Go with what dynojet says for the idle mixture/pilot as well as the vacuum slides. For the mains 136/140 or 140/144 should be about right. Dynojet says to put the same jets in front and rear, but i would go one step up in the rear to help keep the rear cylinder cool. Maybe Bootlegger can chime in, he's the carb wiz.


----------



## BIGPUN (Dec 20, 2008)

bootlegger told me 140 f & 144r and it works good


----------



## 650Brute (Dec 18, 2008)

138 f & 142 r, 2" Snorks, HMF, and I am spot on now.. I little hiccup on deceleration after a WOT run, but my plugs look great.


----------



## Bootlegger (Dec 18, 2008)

If you need any help jetting just PM me and I can help you out. Are you using a Dynojet kit? If not, I would get one...its a LOT easier then trying to mess with the kehein jets. Yours is the I model....correct? If so they will jet different than the SRA will.


----------



## DaveMK1 (Nov 8, 2009)

If you go to the HMF website they list the proper jets for your bike and exhaust combo. I installed a HMF swamp series and followed their jetting suggestions, I didnt have to mess with the mixture screws and the bike runs like a dream.


----------



## Bootlegger (Dec 18, 2008)

DaveMK1 said:


> If you go to the HMF website they list the proper jets for your bike and exhaust combo. I installed a HMF swamp series and followed their jetting suggestions, I didnt have to mess with the mixture screws and the bike runs like a dream.
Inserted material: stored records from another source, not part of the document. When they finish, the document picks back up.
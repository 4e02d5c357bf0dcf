-- ===== src/Shared/Sort/Order.antt =====
-- The sort is sorted and keeps the elements.
use fintraffic.Base.{
  ℕ, suc, ◌≡◌, refl, Bool, true, false, List, [], ◌∷◌, arith, if_cases, All, All-mono, count, min,
  take, zero,
}
use fintraffic.Shared.Sort.{place, sort}

module _ {A : Type 0} (leq : A → A → Bool) where
  -- Every element is below or equal to all those after it.
  unfoldable pub IsSorted : List A → Type 0
  IsSorted [] = Unit
  IsSorted (x ∷ xs) = All (λ y. leq x y ≡ true) xs × IsSorted xs

  pub All-place : (P : A → Type 0) (x : A) (xs : List A) → P x → All P xs → All P (place leq x xs)
  unfolding place
  All-place P x [] p h = (p, tt)
  All-place P x (y ∷ ys) p h =
      if_cases (All P) (leq x y) (λ e. (p, h)) (λ e. (h.0, All-place P x ys p h.1))

  pub All-sort : (P : A → Type 0) (xs : List A) → All P xs → All P (sort leq xs)
  unfolding sort
  All-sort P [] h = tt
  All-sort P (x ∷ xs) h = All-place P x (sort leq xs) h.0 (All-sort P xs h.1)

  module _ (total : (x y : A) → leq x y ≡ false → leq y x ≡ true)
      (trans : (x y z : A) → leq x y ≡ true → leq y z ≡ true → leq x z ≡ true) where
    place-IsSorted : (x : A) (xs : List A) → IsSorted xs → IsSorted (place leq x xs)
    unfolding IsSorted place
    place-IsSorted x [] h = (tt, tt)
    place-IsSorted x (y ∷ ys) h =
        if_cases IsSorted (leq x y) (λ e. ((e, All-mono (λ z f. trans x y z e f) ys h.0), h))
          (λ e. (All-place (λ z. leq y z ≡ true) x ys (total x y e) h.0, place-IsSorted x ys h.1))

    pub sort-IsSorted : (xs : List A) → IsSorted (sort leq xs)
    unfolding IsSorted sort
    sort-IsSorted [] = tt
    sort-IsSorted (x ∷ xs) = place-IsSorted x (sort leq xs) (sort-IsSorted xs)

  pub count-place :
      (p : A → Bool) (x : A) (xs : List A) → count p (place leq x xs) ≡ count p (x ∷ xs)
  unfolding place
  count-place p x [] = refl
  count-place p x (y ∷ ys) =
      if_cases (λ zs. count p zs ≡ count p (x ∷ y ∷ ys)) (leq x y) (λ e. refl)
        (λ e. ground (arith, count-place p x ys))

  pub count-sort : (p : A → Bool) (xs : List A) → count p (sort leq xs) ≡ count p xs
  unfolding sort
  count-sort p [] = refl
  count-sort p (x ∷ xs) = ground (arith, count-place p x (sort leq xs), count-sort p xs)

  count-none : (p : A → Bool) (xs : List A) → All (λ y. p y ≡ false) xs → count p xs ≡ 0
  count-none p [] h = refl
  count-none p (x ∷ xs) h = ground (arith, count-none p xs h.1, h.0)

  -- Of a test that holds below wherever it holds, the first elements of a sorted list have as many as
  -- they can.
  pub count-take :
      (p : A → Bool) (k : ℕ) (xs : List A)
      → ((x y : A) → leq x y ≡ true → p x ≡ false → p y ≡ false)
      → IsSorted xs
      → count p (take k xs) ≡ min k (count p xs)
  unfolding IsSorted
  count-take p zero xs down h = omega arith
  count-take p (suc k) [] down h = omega arith
  count-take p (suc k) (x ∷ xs) down h = on (p x) refl (count-take p k xs down h.1)
    where
      on :
          (b : Bool)
          → p x ≡ b
          → count p (take k xs) ≡ min k (count p xs)
          → count p (take (suc k) (x ∷ xs)) ≡ min (suc k) (count p (x ∷ xs))
      on true e rest = ground (arith, rest, e)
      on false e rest =
          ground (arith, rest, e, count-none p xs (All-mono (λ y f. down x y f e) xs h.0))

  All-take : (P : A → Type 0) (k : ℕ) (xs : List A) → All P xs → All P (take k xs)
  All-take P zero xs h = tt
  All-take P (suc k) [] h = tt
  All-take P (suc k) (x ∷ xs) h = (h.0, All-take P k xs h.1)

  pub take-IsSorted : (k : ℕ) (xs : List A) → IsSorted xs → IsSorted (take k xs)
  unfolding IsSorted
  take-IsSorted zero xs h = tt
  take-IsSorted (suc k) [] h = tt
  take-IsSorted (suc k) (x ∷ xs) h =
      (All-take (λ y. leq x y ≡ true) k xs h.0, take-IsSorted k xs h.1)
They won't work well with snorkels.


----------



## 650Brute (Dec 18, 2008)

Bootlegger said:


> Yours is the I model....correct? If so they will jet different than the SRA will.


I just saw that in his post,... Oops.


----------



## conaan (Mar 4, 2010)

i fooled with it some today.i left the stock jets in put 1 shim under the front needle and 2 under the rear with the front screw 1 1/2 turns and the rear 2 turns out and it runs like a raped ape . no backfires or miss at any speed. I just cant figure out why the 650i has the same jets front and rear and none of the others do.


----------



## Bootlegger (Dec 18, 2008)

conaan said:


> i fooled with it some today.i left the stock jets in put 1 shim under the front needle and 2 under the rear with the front screw 1 1/2 turns and the rear 2 turns out and it runs like a raped ape . no backfires or miss at any speed. I just cant figure out why the 650i has the same jets front and rear and none of the others do.


Good Deal...most every bike is different on jetting....that is why. On the 650i the rear cylinder does not get as hot as the 750's.


----------



## AMR840 (Feb 15, 2010)

Bootlegger said:


> If you need any help jetting just PM me and I can help you out. Are you using a Dynojet kit? If not, I would get one...its a LOT easier then trying to mess with the kehein jets. Yours is the I model....correct? If so they will jet different than the SRA will.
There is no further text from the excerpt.